CHP Lideri Kemal Kılıçdaroğlu’nun “Bizim belediyelerimiz daha ucuza borçlanıyor” ifadelerine Maliye ve Hazine Bakanlığı’ndan kınama gelmesi üzerine Öztrak, “Açıkçası bu açıklamayı çok yadırgadım. Bu açıklama büyük devlet krizinin en güzel göstergelerinden biridir. Yeni atanan bakanın, Sayın Elvan’ın, devlet adabının ne olduğunu bildiğini düşünüyorum. Ana Muhalefet lideriyle polemiğe girmek devletin hangi geleneğinde var? Bir diyeceğin varsa, açıklamanın altına kendi ismini koyarsın, müessese kınatmak ne oluyor. Damat, ‘at izi it izine karıştı’ derken çok da haksız değilmiş. Belediyeyi üstü kapalı tehdit mi ediyorsunuz? Biz CHP olarak tüyü bitmemiş yetimin hakkını yedirmemek için bu mücadeleyi yapıyoruz. Asıl yatırım düşmanlığı, tehdit etmektir hem de devletin bakanlığını kullanarak. Bu bakan Genel Başkanı’mıza laf yetiştireceğine, şunun hesabını vermesi lazım. Bugün İngiltere, ABD komik rakamla borçlanırken Türkiye Hazinesi tefeci faiziyle neden borçlanıyor? Millete bunun hesabını verin. 128 milyar dolar rezervi erittiğiniz için. Bakın. Bu işler hasetlikle olmaz. Metro temelleri atılıyor, altyapı yatırımları tamamlanıyor, CHP’li belediyelerin çalışanları aldıkları ücret karşısında çok çok seviniyorlar. Bunlar bizim ülkeyi ne kadar iyi yöneteceğimizin de en iyi göstergesidir. CHP iktidara geldiğinde yatırımlar devam edecek ama tüyü bitmemiş yetimin hakkı yenmeden” diye yanıtladı.

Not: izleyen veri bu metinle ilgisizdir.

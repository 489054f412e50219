-- ===== src/Netlink/Whole.antt =====
-- rnl/NetlinkMessage.cpp: no request is discarded while few have been added.
use fbmeshd.Prelude.{
  if◌then◌else◌, refl, ℕ, zero, suc, ◌+◌, ◌≤◌, ◌<◌, ◌≡◌, inl, inr, sym, subst, Bool, true, false,
  not, Option, none, some, List, [], ◌∷◌, ◌++◌, arith, ◌==◌, ltb, length, length-append, min,
  nat_eq, Bool-cases, All, All-map,
}
use fbmeshd.Prelude.Dict.{find, contains, emplace, emplace-All, erase-All}
use fbmeshd.Prelude.Int.{ℤ, pos}
use fbmeshd.Netlink.{
  NetlinkMessage, Answer, status, broken, Socket, new_socket, max_nl_message_queue, max_iov_msg,
  increment, file, fill, enqueue, send_netlink_message, process_ack, answer_request,
  set_return_status_value, add_netlink_message, on_message_timer,
}
use fbmeshd.Netlink.Receive.{Errno, Receiver, count_ack, process_error, process_done}
use fbmeshd.Netlink.Quiet.{process_message-keeps}
use fbmeshd.Netlink.Places.{requests_of, filed_of, answers_of}
use fbmeshd.Netlink.Reached.{Event, adds, receives, times_out, serve}
use fbmeshd.Netlink.Answers.{serve_all, asked, serve_all-places}

abbrev pub IsStatus : Answer → Type 0
IsStatus (status v) = Unit
IsStatus broken = ⊥

abbrev IsBelow : ℕ → List (ℕ × NetlinkMessage) → Type 0
IsBelow n l = All (λ e. e.0 ≤ n) l

-- The requests that wait for an answer have had earlier numbers, no promise was broken, and no more
-- than n requests are in the queue or sent.
abbrev IsWhole : ℕ → Socket → Type 0
IsWhole n s =
    IsBelow s.sequence_number s.seq_no_map
    × All (λ a. IsStatus a.1) s.answers
    × (length s.msg_queue + s.sequence_number ≤ n)

contains-IsBelow :
    (n k : ℕ) (l : List (ℕ × NetlinkMessage)) → IsBelow n l → n < k → contains k l ≡ false
contains-IsBelow n k [] h less = ground arith
contains-IsBelow n k ((j, m) ∷ l) h less = ground (arith, contains-IsBelow n k l h.1, h.0)

file-new :
    (seq : ℕ) (m : NetlinkMessage) (s : Socket)
    → contains seq s.seq_no_map ≡ false
    → file seq m s ≡ record s { seq_no_map = emplace seq m s.seq_no_map }
unfolding file
file-new seq m s h = rw h refl

fill-IsWhole :
    (n k : ℕ) (queue : List NetlinkMessage) (s : Socket)
    → n < max_nl_message_queue
    → IsBelow s.sequence_number s.seq_no_map
    → All (λ a. IsStatus a.1) s.answers
    → length queue + s.sequence_number ≤ n
    → IsWhole n (fill k queue s)
unfolding fill
fill-IsWhole n zero queue s few b a h = (b, a, h)
fill-IsWhole n (suc k) [] s few b a h = (b, a, h)
fill-IsWhole n (suc k) (m ∷ queue) s few b a h =
    let seq = increment s.sequence_number in
    let t = record s { sequence_number = seq; sent = s.sent ++ (seq, m) ∷ [] } in
    let next : seq ≡ s.sequence_number + 1 = omega arith in
    let new = contains-IsBelow s.sequence_number seq s.seq_no_map b (omega arith) in
    let later : IsBelow seq s.seq_no_map =
      All-map (λ e le. omega (arith, le, next)) s.seq_no_map b in
    subst (λ x. IsWhole n (fill k queue x)) (sym (file-new seq m t new))
      (fill-IsWhole n k queue (record t { seq_no_map = emplace seq m s.seq_no_map }) few
        (emplace-All (λ e. e.0 ≤ seq) seq m s.seq_no_map (omega arith) later) a
        (omega (arith, h, next)))

module _ (sendmsg : List (ℕ × NetlinkMessage) → Bool) (n : ℕ) (few : n < max_nl_message_queue) where
  send-IsWhole : (s : Socket) → IsWhole n s → IsWhole n (send_netlink_message sendmsg s)
  unfolding send_netlink_message
  send-IsWhole s (b, a, h) = elim (Bool-cases (min (length s.msg_queue) max_iov_msg == 0)) [
    | inl e ↦ rw e (b, a, h)
    | inr e ↦ rw e (fill-IsWhole n _ s.msg_queue s few b a h)
  ]

  process_ack-IsWhole : (ack : ℕ) (s : Socket) → IsWhole n s → IsWhole n (process_ack sendmsg ack s)
  unfolding process_ack
  process_ack-IsWhole ack s h = elim (Bool-cases (ack == s.last_seq_no)) [
    | inl e ↦ rw e (send-IsWhole (record s { is_timer_scheduled = false }) h)
    | inr e ↦ rw e h
  ]

  answer_request-IsWhole :
      (seq : ℕ) (v : ℤ) (o : Option NetlinkMessage) (s : Socket)
      → IsWhole n s
      → IsWhole n (answer_request seq v o s)
  unfolding answer_request
  answer_request-IsWhole seq v none s h = h
  answer_request-IsWhole seq v (some m) s (b, a, h) =
      (erase-All (λ e. e.0 ≤ s.sequence_number) seq s.seq_no_map b, (tt, a), h)

  process_error-IsWhole :
      (e : Errno) (port seq : ℕ) (v : ℤ) (s : Socket)
      → IsWhole n s
      → IsWhole n (process_error sendmsg e port seq v s)
  unfolding process_error count_ack set_return_status_value
  process_error-IsWhole e port seq v s h = elim (Bool-cases (not (port == s.pid))) [
    | inl x ↦ rw x h
    | inr x ↦ rw x (
        process_ack-IsWhole seq (count_ack e v (set_return_status_value seq v s))
          (answer_request-IsWhole seq v (find seq s.seq_no_map) s h))
  ]

  process_done-IsWhole :
      (seq : ℕ) (s : Socket) → IsWhole n s → IsWhole n (process_done sendmsg seq s)
  unfolding process_done set_return_status_value
  process_done-IsWhole seq s h =
      let t = process_ack sendmsg seq s in
      answer_request-IsWhole seq (pos 0) (find seq t.seq_no_map) t (process_ack-IsWhole seq s h)

  enqueue-IsWhole :
      (k : ℕ) (ms : List NetlinkMessage) (s : Socket)
      → k ≡ length s.msg_queue
      → IsBelow s.sequence_number s.seq_no_map
      → All (λ a. IsStatus a.1) s.answers
      → length ms + k + s.sequence_number ≤ n
      → IsWhole n (enqueue k ms s)
  unfolding enqueue
  enqueue-IsWhole k [] s same b a h = (b, a, omega (arith, same, h))
  enqueue-IsWhole k (m ∷ ms) s same b a h =
      let free : ltb (suc k) max_nl_message_queue ≡ true = ground (arith, h, few) in
      rw free (
        enqueue-IsWhole (suc k) ms (record s { msg_queue = s.msg_queue ++ m ∷ [] })
          (omega (arith, same, length-append s.msg_queue (m ∷ []))) b a (omega (arith, h)))

  add-IsWhole :
      (ms : List NetlinkMessage) (s : Socket)
      → IsBelow s.sequence_number s.seq_no_map
      → All (λ a. IsStatus a.1) s.answers
      → length ms + length s.msg_queue + s.sequence_number ≤ n
      → IsWhole n (add_netlink_message sendmsg ms s)
  unfolding add_netlink_message
  add-IsWhole ms s b a h =
      let t = enqueue (length s.msg_queue) ms s in
      let whole = enqueue-IsWhole (length s.msg_queue) ms s refl b a h in
      elim (Bool-cases (not t.is_timer_scheduled)) [
        | inl x ↦ rw x (send-IsWhole t whole)
        | inr x ↦ rw x whole
      ]

abbrev pub statuses_of : ℕ → List (ℕ × Answer) → ℕ
statuses_of p [] = 0
statuses_of p ((q, status v) ∷ l) = (if q == p then 1 else 0) + statuses_of p l
statuses_of p ((q, broken) ∷ l) = statuses_of p l

statuses_of-answers :
    (p : ℕ) (l : List (ℕ × Answer)) → All (λ a. IsStatus a.1) l → answers_of p l ≡ statuses_of p l
statuses_of-answers p [] h = refl
statuses_of-answers p ((q, status v) ∷ l) h = ground (arith, statuses_of-answers p l h.1)
statuses_of-answers p ((q, broken) ∷ l) h = elim h.0 [ ]

module _ (sendmsg : List (ℕ × NetlinkMessage) → Bool) (e : Errno) where
  serve_all-IsWhole :
      (events : List Event) (n : ℕ) (r : Receiver)
      → IsWhole n r.socket
      → length (asked events) + n < max_nl_message_queue
      → IsWhole (length (asked events) + n) (serve_all sendmsg e events r).socket
  unfolding on_message_timer
  serve_all-IsWhole [] n r (b, a, h) few = (b, a, omega (arith, h))
  serve_all-IsWhole (adds ms ∷ events) n r (b, a, h) few =
      let all = length-append ms (asked events) in
      let (b', a', h') =
        serve_all-IsWhole events (length ms + n) (serve sendmsg e (adds ms) r)
          (add-IsWhole sendmsg (length ms + n) (omega (arith, few, all)) ms r.socket b a
            (omega (arith, h)))
          (omega (arith, few, all)) in
      (b', a', omega (arith, h', all))
  serve_all-IsWhole (receives ms ∷ events) n r h few =
      let small : n < max_nl_message_queue = omega (arith, few) in
      serve_all-IsWhole events n (serve sendmsg e (receives ms) r)
        (process_message-keeps sendmsg e (IsWhole n)
          (λ port seq v s. process_error-IsWhole sendmsg n small e port seq v s)
          (λ seq s. process_done-IsWhole sendmsg n small seq s) (λ s w. w) ms r h)
        few
  serve_all-IsWhole (times_out ∷ events) n r h few =
      serve_all-IsWhole events n (serve sendmsg e times_out r)
        (send-IsWhole sendmsg n (omega (arith, few))
          (record r.socket { is_timer_scheduled = false }) h)
        few

  -- From a new socket on, whatever is received and whenever the timer fires, as long as fewer
  -- requests are added in all than the queue may hold, a promise is in as many places as requests
  -- with it were added: the queue, the requests sent without an answer, and those answered with a
  -- status. So a request that is added once is never discarded or lost, never answered twice, and
  -- never answered while it still waits.
  pub serve_all-statuses_of :
      (last pid p : ℕ) (events : List Event) (r : Receiver)
      → r.socket ≡ new_socket last pid
      → length (asked events) < max_nl_message_queue
      → let s = (serve_all sendmsg e events r).socket in
        requests_of p s.msg_queue + filed_of p s.seq_no_map + statuses_of p s.answers
        ≡ requests_of p (asked events)
  serve_all-statuses_of last pid p events r new few =
      let start : IsWhole 0 r.socket = subst (IsWhole 0) (sym new) (tt, tt, omega arith) in
      let whole = serve_all-IsWhole events 0 r start (omega (arith, few)) in
      let s = (serve_all sendmsg e events r).socket in
      omega (
        arith,
        serve_all-places sendmsg e last pid p events r new,
        statuses_of-answers p s.answers whole.1,
      )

“AK PARTİ EŞ İL BAŞKANI GİBİ DAVRANAMAZLAR”

AKP’nin başlattığı kampanyaya valilerin de destek vermesi için Öztrak, “Açıkçası maskaralık. Vali, devlet memuru. Devlet memurunun AK Parti’nin eş il başkanı gibi davranması kabul edilemez, davranırsa devlet memuru olamaz. İstifa edersin, siyaset yaparsın. Kendine AK Parti’ye karşı mesul hissedenler, katlanır” dedi.

“ERDOĞAN VEBALİ ALIP İSTİFA ETMELİ”

Sağlık Bakanlığı’nın uyarılarına rağmen AKP Kongreleri’nin devam etmesine ilişkin Öztrak, “Salgın var diye esnaf kan ağlıyor, barolar genel kurullarını yapamıyor. Ama şarkılı türkülü toplantı yapılan tek organizasyon AK Parti İl Kongreleri. Erdoğan, partililerine teşekkür etmeyi ihmal etmiyor ama Sağlık Bakanı ‘kalabalık toplantılar yapmayın’ diyor. Bu illerdeki vaka artışlarının vebali, Erdoğan’ın boynunadır. Erdoğan, bu vebali üstlenmeli ve istifa etmelidir” dedi.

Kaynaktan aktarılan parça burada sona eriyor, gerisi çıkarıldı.